Not because the cluster failed - but because I didn't document how I was connecting, from where, or which commands needed to run on which machine. When I came back to the cluster a few weeks later, I couldn't remember my workflow. Keys? Configuration files? Which terminal was SSH'd where?
This is the problem with not documenting as you go.
So now I'm starting over. Same hardware, same process, but this time with complete documentation of every step, every connection, every command location. This post captures what I learned from my first attempt and sets up for a proper, reproducible installation.
🏠 This is part of the Homelab Journey series - building a production Kubernetes cluster from scratch.
Other posts in this series:
- TuringPi Hardware
- Installing Talos Linux on TuringPi RK1: Learning from My First Attempt (you are here)
- Building the Bletchley Cluster
What Happened the First Time
November 2025: Following an excellent tutorial from xphyr.net, I installed Talos Linux 1.11.5 on all four RK1 modules.
The good:
- Installation process worked smoothly
- Cluster formed successfully
- No major technical issues
The problem:
- I didn't document my connection workflow
- Lost track of where I was running commands (laptop? BMC? SSH session?)
- Couldn't easily get back into the cluster
- No clear path to resume work
After 25+ years managing infrastructure, I should know better: documentation isn't optional. When you're learning a new system (Talos is very different from traditional Linux), you need to write down everything.
Why I'm Starting Over
Rather than trying to reverse-engineer what I did three months ago, I'm wiping the cluster and reinstalling from scratch - this time with complete documentation.
What I'll capture this time:
- Where each command runs (laptop, TuringPi BMC, specific node)
- How connections are established
- Which files live where
- The complete workflow from start to finish
- Troubleshooting steps if something breaks
This makes the cluster reproducible.

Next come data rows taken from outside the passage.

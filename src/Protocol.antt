-- ===== src/Protocol.antt =====
-- protocol/map-types.ts: the types that the control plane keeps and passes on.
use micro_agent_protocol.Base.{ℕ, ◌==◌, String, Option, none, some, Bool, List, [], ◌∷◌}
use micro_agent_protocol.Base.Json.{
  Value, undefined, boolean, text, array, object, Items, nil, cons, Fields, object_of,
}

pub data TaskStatus : Type 0 where
  accepted proposed awaiting_approval denied running completed failed revoked : TaskStatus

abbrev pub rank : TaskStatus → ℕ
rank accepted = 0
rank proposed = 1
rank awaiting_approval = 2
rank denied = 3
rank running = 4
rank completed = 5
rank failed = 6
rank revoked = 7

-- `status === other`.
abbrev pub status_eq : TaskStatus → TaskStatus → Bool
status_eq a b = rank a == rank b

-- The text that a status is.
unfoldable pub status_text : TaskStatus → String
status_text accepted = "accepted"
status_text proposed = "proposed"
status_text awaiting_approval = "awaiting_approval"
status_text denied = "denied"
status_text running = "running"
status_text completed = "completed"
status_text failed = "failed"
status_text revoked = "revoked"

pub data RequesterType : Type 0 where
  user service agent : RequesterType

pub record RequesterIdentity : Type 0 where
  pub type : RequesterType
  pub id : String
  pub tenant_id : Option String

pub data VisibilityMode : Type 0 where
  full summary structured_only receipt_only redacted debug : VisibilityMode

pub data DeliveryMode : Type 0 where
  sync async : DeliveryMode

pub record NegotiationSide : Type 0 where
  pub schema_version : Option String
  pub output_mode : VisibilityMode
  pub delivery_mode : DeliveryMode

pub record InvocationNegotiation : Type 0 where
  pub requested : NegotiationSide
  pub selected : NegotiationSide
  pub provider_actions : Option (List String)

pub record ResultPackage : Type 0 where
  pub task_id : String
  pub context_id : Option String
  pub status : TaskStatus
  pub summary : Option String
  pub structured_output : Fields
  pub negotiated_schema_version : Option String
  pub requested_schema_version : Option String
  pub executed_schema_version : Option String
  pub negotiation : Option InvocationNegotiation
  pub redactions_applied : List String
  pub followup_required : Bool
  pub escalation_reason : Option String
  pub extensions : Option (List String)

pub data ReceiptAction : Type 0 where
  executed denied approval_required : ReceiptAction

pub data ExecutionStatus : Type 0 where
  ok error : ExecutionStatus

pub record ExecutionReceipt : Type 0 where
  pub receipt_id : String
  pub intent_id : String
  pub capability : String
  pub action : ReceiptAction
  pub timestamp : String
  pub status : ExecutionStatus
  pub signature : Option String
  pub task_id : Option String
  pub order_id : Option String
  pub tenant_id : Option String
  pub request_id : Option String
  pub agent_id : String
  pub resource_touched : Option String
  pub policy_checks : Option (List String)
  pub approval_used : Option String
  pub result_hash : Option String
  pub requested_schema_version : Option String
  pub executed_schema_version : Option String
  pub negotiation : Option InvocationNegotiation
  pub extensions : Option (List String)

pub record TaskRecord : Type 0 where
  pub task_id : String
  pub order_id : Option String
  pub context_id : Option String
  pub requester_identity : RequesterIdentity
  pub idempotency_key : Option String
  pub capability : String
  pub target_agent : String
  pub status : TaskStatus
  pub result : Option ResultPackage
  pub receipt : Option ExecutionReceipt
  pub updated_at : String

-- What `JSON.stringify` walks: the object that each of these is.
optional : Option String → Value
optional none = undefined
optional (some s) = text s

texts : List String → Items
texts [] = nil
texts (s ∷ ss) = cons (text s) (texts ss)

optional_texts : Option (List String) → Value
unfolding texts
optional_texts none = undefined
optional_texts (some ss) = array (texts ss)

requester_type_text : RequesterType → String
requester_type_text user = "user"
requester_type_text service = "service"
requester_type_text agent = "agent"

unfoldable pub requester_value : RequesterIdentity → Value
unfolding requester_type_text optional
requester_value r = object_of (
    ("type", text (requester_type_text r.type))
    ∷ ("id", text r.id)
    ∷ ("tenant_id", optional r.tenant_id)
    ∷ [])

unfoldable pub output_mode_text : VisibilityMode → String
output_mode_text full = "full"
output_mode_text summary = "summary"
output_mode_text structured_only = "structured_only"
output_mode_text receipt_only = "receipt_only"
output_mode_text redacted = "redacted"
output_mode_text debug = "debug"

delivery_mode_text : DeliveryMode → String
delivery_mode_text sync = "sync"
delivery_mode_text async = "async"

side_value : NegotiationSide → Value
unfolding optional output_mode_text delivery_mode_text
side_value s = object_of (
    ("schema_version", optional s.schema_version)
    ∷ ("output_mode", text (output_mode_text s.output_mode))
    ∷ ("delivery_mode", text (delivery_mode_text s.delivery_mode))
    ∷ [])

negotiation_value : Option InvocationNegotiation → Value
unfolding side_value optional_texts
negotiation_value none = undefined
negotiation_value (some n) = object_of (
    ("requested", side_value n.requested)
    ∷ ("selected", side_value n.selected)
    ∷ ("provider_actions", optional_texts n.provider_actions)
    ∷ [])

unfoldable pub result_value : ResultPackage → Value
unfolding optional status_text negotiation_value optional_texts
result_value r = object_of (
    ("task_id", text r.task_id)
    ∷ ("context_id", optional r.context_id)
    ∷ ("status", text (status_text r.status))
    ∷ ("summary", optional r.summary)
    ∷ ("structured_output", object r.structured_output)
    ∷ ("negotiated_schema_version", optional r.negotiated_schema_version)
    ∷ ("requested_schema_version", optional r.requested_schema_version)
    ∷ ("executed_schema_version", optional r.executed_schema_version)
    ∷ ("negotiation", negotiation_value r.negotiation)
    ∷ ("followup_required", boolean r.followup_required)
    ∷ ("escalation_reason", optional r.escalation_reason)
    ∷ ("redactions_applied", array (texts r.redactions_applied))
    ∷ ("extensions", optional_texts r.extensions)
    ∷ [])

unfoldable pub action_text : ReceiptAction → String
action_text executed = "executed"
action_text denied = "denied"
action_text approval_required = "approval_required"

unfoldable pub execution_status_text : ExecutionStatus → String
execution_status_text ok = "ok"
execution_status_text error = "error"

unfoldable pub receipt_value : ExecutionReceipt → Value
unfolding optional action_text execution_status_text optional_texts negotiation_value
receipt_value r = object_of (
    ("receipt_id", text r.receipt_id)
    ∷ ("intent_id", text r.intent_id)
    ∷ ("capability", text r.capability)
    ∷ ("action", text (action_text r.action))
    ∷ ("timestamp", text r.timestamp)
    ∷ ("status", text (execution_status_text r.status))
    ∷ ("task_id", optional r.task_id)
    ∷ ("order_id", optional r.order_id)
    ∷ ("tenant_id", optional r.tenant_id)
    ∷ ("request_id", optional r.request_id)
    ∷ ("agent_id", text r.agent_id)
    ∷ ("resource_touched", optional r.resource_touched)
    ∷ ("policy_checks", optional_texts r.policy_checks)
    ∷ ("approval_used", optional r.approval_used)
    ∷ ("result_hash", optional r.result_hash)
    ∷ ("requested_schema_version", optional r.requested_schema_version)
    ∷ ("executed_schema_version", optional r.executed_schema_version)
    ∷ ("negotiation", negotiation_value r.negotiation)
    ∷ ("extensions", optional_texts r.extensions)
    ∷ ("signature", optional r.signature)
    ∷ [])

If I need to rebuild it, add nodes, or help someone else, the documentation exists.
About the Tutorial I'm Following
Credit where it's due: I'm following the excellent guide from xphyr.net: Kubernetes using TuringPi, Talos and RK1
Why this tutorial works:
- Written specifically for TuringPi + RK1 + Talos combination
- Covers the complete process
- Includes storage setup (Longhorn)
- Real-world configuration examples
My adjustments:
- Version updates (newer Talos versions available)

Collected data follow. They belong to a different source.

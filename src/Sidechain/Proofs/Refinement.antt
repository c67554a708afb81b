-- ===== src/Sidechain/Proofs/Refinement.antt =====
-- The life of a peg transaction, as a refinement of its specification.
use mathlib.Core.Path.{subst}
use rusty_coin.Common.{
  ℕ, ◌+◌, ◌%◌, ◌≤◌, ◌<◌, ◌≡◌, ◌⊎◌, inl, inr, refl, sym, ap, Option, none, some, arith, Option-cases,
  dec_lt,
}
use rusty_coin.Common.HashMap.{get, get-insert, get-remove, get-modify}
use rusty_coin.Common.Result.{ok, err}
use rusty_coin.Common.Words.{u64_mod}
use rusty_coin.Types.Tx.{Hash, hash_key}
use rusty_coin.Sidechain.Signature.{ThresholdCrypto}
use rusty_coin.Sidechain.Peg.{
  PegInRequest, PegTransaction, pending, confirmed, completed, TwoWayPegManager,
  with_federation_manager, with_mainchain_utxo_set, initiate_peg_in, confirm_peg_transaction,
  complete_peg_transaction, get_peg_transaction, peg_in_transaction, peg_out_transaction,
  insert_pending,
}
use rusty_coin.Sidechain.Proofs.Lifecycle.{
  Step, in_peg, out_peg, confirmation, completion, federation, utxos, Reach, IsOrderly,
  Reach-IsOrderly, after_confirm, after_complete, confirm_peg_transaction-ok,
  complete_peg_transaction-ok, initiate_peg_in-ok, initiate_peg_out-ok,
}

-- The specification of one transaction: it is created pending, then confirmed at a height that has
-- the confirmations, then completed; nothing but its status changes, and nothing takes it away.
pub data Moves (required : ℕ) : Option PegTransaction → Option PegTransaction → Type 0 where
  stays : {o : Option PegTransaction} → Moves required o o
  created : {tx : PegTransaction} → tx.status ≡ pending → Moves required none (some tx)
  confirming :
      {tx : PegTransaction} (height : ℕ)
      → tx.status ≡ pending
      → (tx.confirm_height + required) % u64_mod ≤ height
      → Moves required (some tx) (some (record tx { status = confirmed }))
  completing :
      {tx : PegTransaction}
      → tx.status ≡ confirmed
      → Moves required (some tx) (some (record tx { status = completed }))

relate :
    {required : ℕ} {o o' a b : Option PegTransaction}
    → a ≡ o
    → b ≡ o'
    → Moves required a b
    → Moves required o o'
relate {required} {o' = o'} {a = a} p q h =
    subst (λ x. Moves required x o') p (subst (λ x. Moves required a x) q h)

insert_pending-Moves :
    {required : ℕ} (m : TwoWayPegManager) (tx_id : Hash) (tx : PegTransaction) (id : Hash)
    → tx.status ≡ pending
    → get_peg_transaction m tx_id ≡ none
    → Moves required (get_peg_transaction m id) (get_peg_transaction (insert_pending tx_id tx m) id)
unfolding insert_pending get_peg_transaction
insert_pending-Moves m tx_id tx id status fresh = elim (hash_key.eq tx_id id) [
  | yes p ↦
      relate (ground arith) (ground (arith, get-insert tx_id id tx m.pending_transactions))
        (created {tx = tx} status)
  | no p ↦
      relate {a = get_peg_transaction m id} {b = get_peg_transaction m id} refl
        (ground (arith, get-insert tx_id id tx m.pending_transactions)) stays
]

after_confirm-Moves :
    {required : ℕ} (m : TwoWayPegManager) (tx_id : Hash) (tx : PegTransaction) (height : ℕ)
    (id : Hash)
    → get tx_id m.pending_transactions ≡ some tx
    → (tx.confirm_height + m.required_confirmations) % u64_mod ≤ height
    → IsOrderly required m
    → Moves required (get_peg_transaction m id) (get_peg_transaction (after_confirm m tx_id tx) id)
unfolding get_peg_transaction
after_confirm-Moves m tx_id tx height id found enough h = elim (hash_key.eq tx_id id) [
  | yes p ↦
      relate {a = some tx} {b = some (record tx { status = confirmed })} (ground arith)
        (ground (
          arith,
          get-remove tx_id id m.pending_transactions,
          get-insert tx_id id (record tx { status = confirmed }) m.completed_transactions,
        ))
        (confirming height (h.waiting tx_id tx found).1 (ground (arith, h.requires)))
  | no p ↦
      relate {a = get_peg_transaction m id} {b = get_peg_transaction m id} refl
        (ground (
          arith,
          get-remove tx_id id m.pending_transactions,
          get-insert tx_id id (record tx { status = confirmed }) m.completed_transactions,
        ))
        stays
]

after_complete-Moves :
    {required : ℕ} (m : TwoWayPegManager) (tx_id : Hash) (tx : PegTransaction) (id : Hash)
    → get tx_id m.completed_transactions ≡ some tx
    → IsOrderly required m
    → Moves required (get_peg_transaction m id) (get_peg_transaction (after_complete m tx_id) id)
unfolding get_peg_transaction
after_complete-Moves m tx_id tx id found h =
    let change =
      get-modify tx_id id (λ t. record t { status = completed }) m.completed_transactions in
    elim (hash_key.eq tx_id id) [
      | yes p ↦ elim (Option-cases (get tx_id m.pending_transactions)) [
        | inr (t, waits) ↦ absurd (ground (arith, h.waiting tx_id t waits))
        | inl gone ↦ elim (h.done tx_id tx found).1 [
          | inl s ↦
              relate {a = some tx} {b = some (record tx { status = completed })} (ground arith)
                (ground (arith, change)) (completing s)
          | inr s ↦ relate {a = some tx} {b = some tx} (ground arith) (ground (arith, change)) stays
        ]
      ]
      | no p ↦
          relate {a = get_peg_transaction m id} {b = get_peg_transaction m id} refl
            (ground (arith, change)) stays
    ]

Step-Moves :
    {bls : ThresholdCrypto} {required : ℕ} {m m' : TwoWayPegManager} (id : Hash)
    → IsOrderly required m
    → Step bls m m'
    → Moves required (get_peg_transaction m id) (get_peg_transaction m' id)
unfolding peg_in_transaction peg_out_transaction with_federation_manager with_mainchain_utxo_set
    get_peg_transaction
Step-Moves {bls} {required} {m} {m'} id h (in_peg request tx_id timestamp fresh e) =
    subst (λ s. Moves required (get_peg_transaction m id) (get_peg_transaction s id))
      (initiate_peg_in-ok bls m m' request tx_id timestamp e)
      (insert_pending-Moves m tx_id (peg_in_transaction request tx_id timestamp) id refl fresh)
Step-Moves {bls} {required} {m} {m'} id h (out_peg request tx_id timestamp fresh e) =
    subst (λ s. Moves required (get_peg_transaction m id) (get_peg_transaction s id))
      (initiate_peg_out-ok bls m m' request tx_id timestamp e)
      (insert_pending-Moves m tx_id (peg_out_transaction request tx_id timestamp) id refl fresh)
Step-Moves {bls} {required} {m} {m'} id h (confirmation tx_id height e) =
    let (tx, found, enough, changed) = confirm_peg_transaction-ok m m' tx_id height e in
    subst (λ s. Moves required (get_peg_transaction m id) (get_peg_transaction s id)) changed
      (after_confirm-Moves m tx_id tx height id found enough h)
Step-Moves {bls} {required} {m} {m'} id h (completion tx_id e) =
    let (tx, found, changed) = complete_peg_transaction-ok m m' tx_id e in
    subst (λ s. Moves required (get_peg_transaction m id) (get_peg_transaction s id)) changed
      (after_complete-Moves m tx_id tx id found h)
Step-Moves id h (federation f) = stays
Step-Moves id h (utxos u) = stays

-- From every state that a manager reaches, whose generated identifiers are new, every change moves
-- each transaction as the specification says, or leaves it alone.
pub Reach-Step-Moves :
    {bls : ThresholdCrypto} {required : ℕ} {m m' : TwoWayPegManager} (id : Hash)
    → Reach bls required m
    → Step bls m m'
    → Moves required (get_peg_transaction m id) (get_peg_transaction m' id)
Reach-Step-Moves id r st = Step-Moves id (Reach-IsOrderly r) st

confirm_peg_transaction_enough :
    (m : TwoWayPegManager) (tx_id : Hash) (tx : PegTransaction) (height : ℕ)
    → get tx_id m.pending_transactions ≡ some tx
    → (tx.confirm_height + m.required_confirmations) % u64_mod ≤ height
    → confirm_peg_transaction m tx_id height ≡ ok (after_confirm m tx_id tx)
unfolding confirm_peg_transaction
confirm_peg_transaction_enough m tx_id tx height found enough = ground arith

confirm_peg_transaction_early :
    (m : TwoWayPegManager) (tx_id : Hash) (tx : PegTransaction) (height : ℕ)
    → get tx_id m.pending_transactions ≡ some tx
    → height < (tx.confirm_height + m.required_confirmations) % u64_mod
    → confirm_peg_transaction m tx_id height ≡ err "Insufficient confirmations"
unfolding confirm_peg_transaction
confirm_peg_transaction_early m tx_id tx height found early = ground arith

-- Once confirmed, a transaction can be completed, and is then found.
after_confirm-completes :
    (m : TwoWayPegManager) (tx_id : Hash) (tx : PegTransaction)
    → let confirmed_state = after_confirm m tx_id tx in
      let done = after_complete confirmed_state tx_id in
      (complete_peg_transaction confirmed_state tx_id ≡ ok done)
      × (get_peg_transaction done tx_id ≡ some (record tx { status = completed }))
unfolding complete_peg_transaction get_peg_transaction
after_confirm-completes m tx_id tx =
    let gone = get-remove tx_id tx_id m.pending_transactions in
    let moved =
      get-insert tx_id tx_id (record tx { status = confirmed }) m.completed_transactions in
    let changed =
      get-modify tx_id tx_id (λ t. record t { status = completed })
        (after_confirm m tx_id tx).completed_transactions in
    (ground (arith, moved), ground (arith, gone, moved, changed))

-- A peg-in that was accepted can be finished, where the height of its confirmation does not wrap
-- around: before that height it cannot be confirmed, and from it on it is confirmed and then
-- completed, and the record then found under its identifier is the request's, completed.
pub initiate_peg_in-completes :
    (bls : ThresholdCrypto) (m m' : TwoWayPegManager) (request : PegInRequest) (tx_id : Hash)
    (timestamp height : ℕ)
    → initiate_peg_in bls m request tx_id timestamp ≡ ok (tx_id, m')
    → request.mainchain_confirm_height + m.required_confirmations < u64_mod
    → ((height < request.mainchain_confirm_height + m.required_confirmations)
        × (confirm_peg_transaction m' tx_id height ≡ err "Insufficient confirmations"))
      ⊎ ((request.mainchain_confirm_height + m.required_confirmations ≤ height)
          × ((s : TwoWayPegManager) × ((t : TwoWayPegManager) × (confirm_peg_transaction m' tx_id
                    height
                  ≡ ok s)
                × (complete_peg_transaction s tx_id ≡ ok t)
                × (get_peg_transaction t tx_id
                    ≡ some (record (peg_in_transaction request tx_id timestamp) {
                      status = completed;
                    })))))
unfolding insert_pending peg_in_transaction
initiate_peg_in-completes bls m m' request tx_id timestamp height e fits =
    let changed = initiate_peg_in-ok bls m m' request tx_id timestamp e in
    let tx = peg_in_transaction request tx_id timestamp in
    let found : get tx_id m'.pending_transactions ≡ some tx = ground (
      arith,
      ap (λ s. s.pending_transactions) changed,
      get-insert tx_id tx_id tx m.pending_transactions,
    ) in
    let required : m'.required_confirmations ≡ m.required_confirmations =
      sym (ap (λ s. s.required_confirmations) changed) in
    elim (dec_lt height (request.mainchain_confirm_height + m.required_confirmations)) [
      | yes early ↦
          inl (
            early,
            confirm_peg_transaction_early m' tx_id tx height found (omega (arith, required)),
          )
      | no late ↦
          let enough : request.mainchain_confirm_height + m.required_confirmations ≤ height =
            omega arith in
          let (finished, shown) = after_confirm-completes m' tx_id tx in
          inr (
            enough,
            (
              after_confirm m' tx_id tx,
              (
                after_complete (after_confirm m' tx_id tx) tx_id,
                confirm_peg_transaction_enough m' tx_id tx height found (omega (arith, required)),
                finished,
                shown,
              ),
            ),
          )
    ]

- Additional documentation of connection workflows
- My specific network configuration
- Lessons learned from first attempt
If you're following along, I highly recommend reading the original tutorial alongside this post.
Version Strategy
One challenge with any infrastructure tutorial: versions change constantly.
What I used in November 2025:
- Talos Linux: 1.11.5
- Kubernetes: v1.34.0 (bundled with Talos)
- Longhorn: 1.10.1 (storage system)
What I'm using for the reinstallation (February 2026):
- Talos Linux: 1.12.4 (current as of February 2026)
- Kubernetes: (bundled with Talos 1.12.4)
- Longhorn: (will check for latest stable version)
What you should do:
- Check for the current Talos version at https://factory.talos.dev/
- Use the latest stable version available when you install
- The Image Factory makes version selection flexible
Version compatibility notes:
- Talos 1.11.5 worked perfectly with RK1 modules in November
- Talos 1.12.4 should have improvements and bug fixes
- The installation process remains consistent across versions
- ARM64 support for RK1 is stable
I'll document the specific versions I use in the actual installation post, but understand that when you read this, newer versions will likely exist. The process remains the same - just update the version number in the Image Factory.
Prerequisites
Before starting, you need:
Hardware
- TuringPi 2 board with RK1 modules installed
- Network connectivity to TuringPi BMC (Baseboard Management Controller)
- Power supply connected
Software on Your Laptop
- talosctl - Talos CLI tool for cluster management
- kubectl - Kubernetes CLI (for later)
- helm - Package manager for Kubernetes (for Longhorn)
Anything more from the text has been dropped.